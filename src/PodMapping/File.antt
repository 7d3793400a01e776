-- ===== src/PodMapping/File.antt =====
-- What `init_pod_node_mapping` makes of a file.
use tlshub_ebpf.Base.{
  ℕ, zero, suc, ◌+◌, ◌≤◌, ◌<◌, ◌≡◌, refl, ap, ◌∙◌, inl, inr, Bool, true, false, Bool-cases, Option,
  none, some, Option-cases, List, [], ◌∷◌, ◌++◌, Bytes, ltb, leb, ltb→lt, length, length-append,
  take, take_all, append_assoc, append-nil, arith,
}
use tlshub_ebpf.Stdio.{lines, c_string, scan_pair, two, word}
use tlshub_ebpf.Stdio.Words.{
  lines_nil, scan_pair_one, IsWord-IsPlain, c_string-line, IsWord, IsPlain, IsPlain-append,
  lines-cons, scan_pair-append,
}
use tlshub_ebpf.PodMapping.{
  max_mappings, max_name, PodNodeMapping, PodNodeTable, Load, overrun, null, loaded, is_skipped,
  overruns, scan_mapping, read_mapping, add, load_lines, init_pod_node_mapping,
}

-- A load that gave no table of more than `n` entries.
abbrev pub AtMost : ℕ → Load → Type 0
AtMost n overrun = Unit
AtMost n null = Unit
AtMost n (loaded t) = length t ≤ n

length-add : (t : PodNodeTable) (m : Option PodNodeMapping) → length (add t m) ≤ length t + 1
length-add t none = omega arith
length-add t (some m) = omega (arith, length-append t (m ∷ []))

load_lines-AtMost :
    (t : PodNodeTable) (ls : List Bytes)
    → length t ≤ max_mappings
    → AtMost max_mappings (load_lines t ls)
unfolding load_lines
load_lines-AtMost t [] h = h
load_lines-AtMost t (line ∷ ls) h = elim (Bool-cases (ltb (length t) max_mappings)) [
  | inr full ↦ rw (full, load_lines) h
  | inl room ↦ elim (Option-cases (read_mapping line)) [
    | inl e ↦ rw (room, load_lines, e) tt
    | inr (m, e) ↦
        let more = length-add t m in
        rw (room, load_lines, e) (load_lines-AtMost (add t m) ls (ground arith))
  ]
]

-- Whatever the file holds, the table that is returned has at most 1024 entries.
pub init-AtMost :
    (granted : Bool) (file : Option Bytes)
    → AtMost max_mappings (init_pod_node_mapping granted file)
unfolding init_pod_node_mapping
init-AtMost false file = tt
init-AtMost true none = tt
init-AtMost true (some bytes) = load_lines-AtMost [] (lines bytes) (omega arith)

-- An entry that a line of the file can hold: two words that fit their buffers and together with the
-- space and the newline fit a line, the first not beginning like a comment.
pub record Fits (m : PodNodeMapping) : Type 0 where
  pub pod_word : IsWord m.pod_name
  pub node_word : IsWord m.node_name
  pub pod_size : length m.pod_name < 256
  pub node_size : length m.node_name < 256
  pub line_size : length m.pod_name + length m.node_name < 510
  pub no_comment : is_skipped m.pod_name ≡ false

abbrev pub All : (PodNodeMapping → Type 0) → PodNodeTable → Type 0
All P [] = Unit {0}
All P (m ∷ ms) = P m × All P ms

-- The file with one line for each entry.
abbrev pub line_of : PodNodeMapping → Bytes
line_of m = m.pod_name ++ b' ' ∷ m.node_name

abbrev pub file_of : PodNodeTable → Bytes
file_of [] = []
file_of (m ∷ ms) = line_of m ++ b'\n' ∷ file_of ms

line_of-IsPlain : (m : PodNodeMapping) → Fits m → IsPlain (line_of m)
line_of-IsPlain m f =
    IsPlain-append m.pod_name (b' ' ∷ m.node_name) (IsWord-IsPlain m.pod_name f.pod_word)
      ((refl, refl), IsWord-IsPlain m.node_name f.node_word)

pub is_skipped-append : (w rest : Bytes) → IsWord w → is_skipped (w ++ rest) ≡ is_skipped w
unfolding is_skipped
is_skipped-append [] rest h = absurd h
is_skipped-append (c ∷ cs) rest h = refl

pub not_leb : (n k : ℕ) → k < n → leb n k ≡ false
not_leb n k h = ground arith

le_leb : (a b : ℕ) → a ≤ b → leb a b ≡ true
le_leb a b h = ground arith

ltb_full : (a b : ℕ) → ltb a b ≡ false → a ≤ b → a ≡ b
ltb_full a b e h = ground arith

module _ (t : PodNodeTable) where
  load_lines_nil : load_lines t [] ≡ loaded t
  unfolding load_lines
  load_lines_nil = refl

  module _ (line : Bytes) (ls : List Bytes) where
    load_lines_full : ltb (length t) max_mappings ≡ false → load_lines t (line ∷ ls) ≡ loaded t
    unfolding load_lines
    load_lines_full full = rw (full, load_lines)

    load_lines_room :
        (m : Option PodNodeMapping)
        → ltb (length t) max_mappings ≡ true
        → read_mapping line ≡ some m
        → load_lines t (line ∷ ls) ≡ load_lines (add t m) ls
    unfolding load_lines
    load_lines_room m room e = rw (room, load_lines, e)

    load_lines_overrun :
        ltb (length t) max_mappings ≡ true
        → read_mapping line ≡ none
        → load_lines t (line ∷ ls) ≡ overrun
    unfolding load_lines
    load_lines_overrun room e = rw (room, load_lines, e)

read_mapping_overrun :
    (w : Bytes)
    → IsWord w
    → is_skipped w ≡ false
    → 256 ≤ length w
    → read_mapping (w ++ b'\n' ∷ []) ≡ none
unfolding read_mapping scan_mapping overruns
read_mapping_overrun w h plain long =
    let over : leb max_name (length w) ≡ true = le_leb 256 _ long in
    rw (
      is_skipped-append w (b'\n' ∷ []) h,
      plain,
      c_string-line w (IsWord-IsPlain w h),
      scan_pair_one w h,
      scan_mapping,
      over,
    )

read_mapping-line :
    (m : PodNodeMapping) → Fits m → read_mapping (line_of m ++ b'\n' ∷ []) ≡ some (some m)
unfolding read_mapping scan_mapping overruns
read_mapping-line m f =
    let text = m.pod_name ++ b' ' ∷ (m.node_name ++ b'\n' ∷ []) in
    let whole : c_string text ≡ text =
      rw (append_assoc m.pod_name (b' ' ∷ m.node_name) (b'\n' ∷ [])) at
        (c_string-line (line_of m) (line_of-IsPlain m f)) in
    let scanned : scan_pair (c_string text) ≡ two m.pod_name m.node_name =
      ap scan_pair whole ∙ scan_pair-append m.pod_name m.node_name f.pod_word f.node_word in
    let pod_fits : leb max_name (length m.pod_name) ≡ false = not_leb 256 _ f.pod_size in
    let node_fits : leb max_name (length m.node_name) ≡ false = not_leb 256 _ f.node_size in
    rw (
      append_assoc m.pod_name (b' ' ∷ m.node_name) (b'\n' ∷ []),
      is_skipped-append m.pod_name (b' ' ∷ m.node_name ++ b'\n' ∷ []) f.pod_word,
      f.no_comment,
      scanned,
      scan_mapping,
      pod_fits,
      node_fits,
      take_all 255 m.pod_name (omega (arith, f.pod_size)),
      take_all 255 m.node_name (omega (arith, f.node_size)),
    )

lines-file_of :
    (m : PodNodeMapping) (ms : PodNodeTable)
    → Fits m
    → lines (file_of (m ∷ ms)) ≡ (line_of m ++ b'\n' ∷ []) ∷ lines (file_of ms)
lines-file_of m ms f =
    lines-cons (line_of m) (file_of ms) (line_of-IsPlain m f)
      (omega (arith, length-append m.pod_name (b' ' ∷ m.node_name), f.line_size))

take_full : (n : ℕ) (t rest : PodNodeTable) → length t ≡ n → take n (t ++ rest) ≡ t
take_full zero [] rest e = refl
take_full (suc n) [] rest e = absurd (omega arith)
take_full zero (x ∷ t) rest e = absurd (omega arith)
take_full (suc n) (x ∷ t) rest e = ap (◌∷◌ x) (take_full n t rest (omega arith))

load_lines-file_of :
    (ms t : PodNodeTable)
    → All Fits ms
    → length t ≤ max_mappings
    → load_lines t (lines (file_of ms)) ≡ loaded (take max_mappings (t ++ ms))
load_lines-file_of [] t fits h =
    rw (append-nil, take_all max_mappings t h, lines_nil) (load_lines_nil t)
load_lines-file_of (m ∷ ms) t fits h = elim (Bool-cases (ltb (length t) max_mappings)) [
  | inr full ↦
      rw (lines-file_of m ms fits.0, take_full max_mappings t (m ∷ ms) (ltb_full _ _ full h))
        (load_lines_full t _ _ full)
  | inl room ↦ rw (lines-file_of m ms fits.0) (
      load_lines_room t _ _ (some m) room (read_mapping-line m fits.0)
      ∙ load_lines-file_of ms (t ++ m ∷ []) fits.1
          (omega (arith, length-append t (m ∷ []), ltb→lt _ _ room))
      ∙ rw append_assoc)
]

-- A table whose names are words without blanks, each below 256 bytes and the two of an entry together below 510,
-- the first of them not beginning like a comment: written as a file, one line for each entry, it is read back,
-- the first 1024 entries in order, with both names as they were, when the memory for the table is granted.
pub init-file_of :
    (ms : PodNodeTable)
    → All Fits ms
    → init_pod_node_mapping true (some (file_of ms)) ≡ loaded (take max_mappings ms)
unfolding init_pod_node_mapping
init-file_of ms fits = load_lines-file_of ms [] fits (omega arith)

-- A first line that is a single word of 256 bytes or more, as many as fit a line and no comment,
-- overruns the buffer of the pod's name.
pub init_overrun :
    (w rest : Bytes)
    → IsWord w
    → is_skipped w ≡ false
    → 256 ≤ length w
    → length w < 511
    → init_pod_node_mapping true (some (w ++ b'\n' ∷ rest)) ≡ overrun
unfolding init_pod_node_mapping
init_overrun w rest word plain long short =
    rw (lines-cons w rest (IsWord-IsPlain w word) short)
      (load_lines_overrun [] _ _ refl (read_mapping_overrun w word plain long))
-*-*-
• _What the exercise asks_:
Print exactly, and only, the lines beginning at the top of the listing and ending at the line with "-- An entry".

• _Result below_:
filename src/PodMapping/File.antt
repository 7d3793400a01e776
-- ===== src/PodMapping/File.antt =====
-- What `init_pod_node_mapping` makes of a file.
use tlshub_ebpf.Base.{
  ℕ, zero, suc, ◌+◌, ◌≤◌, ◌<◌, ◌≡◌, refl, ap, ◌∙◌, inl, inr, Bool, true, false, Bool-cases, Option,
  none, some, Option-cases, List, [], ◌∷◌, ◌++◌, Bytes, ltb, leb, ltb→lt, length, length-append,
  take, take_all, append_assoc, append-nil, arith,
}
use tlshub_ebpf.Stdio.{lines, c_string, scan_pair, two, word}
use tlshub_ebpf.Stdio.Words.{
  lines_nil, scan_pair_one, IsWord-IsPlain, c_string-line, IsWord, IsPlain, IsPlain-append,
  lines-cons, scan_pair-append,
}
use tlshub_ebpf.PodMapping.{
  max_mappings, max_name, PodNodeMapping, PodNodeTable, Load, overrun, null, loaded, is_skipped,
  overruns, scan_mapping, read_mapping, add, load_lines, init_pod_node_mapping,
}

-- A load that gave no table of more than `n` entries.
abbrev pub AtMost : ℕ → Load → Type 0
AtMost n overrun = Unit
AtMost n null = Unit
AtMost n (loaded t) = length t ≤ n

length-add : (t : PodNodeTable) (m : Option PodNodeMapping) → length (add t m) ≤ length t + 1
length-add t none = omega arith
length-add t (some m) = omega (arith, length-append t (m ∷ []))

load_lines-AtMost :
    (t : PodNodeTable) (ls : List Bytes)
    → length t ≤ max_mappings
    → AtMost max_mappings (load_lines t ls)
unfolding load_lines
load_lines-AtMost t [] h = h
load_lines-AtMost t (line ∷ ls) h = elim (Bool-cases (ltb (length t) max_mappings)) [
  | inr full ↦ rw (full, load_lines) h
  | inl room ↦ elim (Option-cases (read_mapping line)) [
    | inl e ↦ rw (room, load_lines, e) tt
    | inr (m, e) ↦
        let more = length-add t m in
        rw (room, load_lines, e) (load_lines-AtMost (add t m) ls (ground arith))
  ]
]

-- Whatever the file holds, the table that is returned has at most 1024 entries.
pub init-AtMost :
    (granted : Bool) (file : Option Bytes)
    → AtMost max_mappings (init_pod_node_mapping granted file)
unfolding init_pod_node_mapping
init-AtMost false file = tt
init-AtMost true none = tt
init-AtMost true (some bytes) = load_lines-AtMost [] (lines bytes) (omega arith)

-- An entry that a line of the file can hold: two words that fit their buffers and together with the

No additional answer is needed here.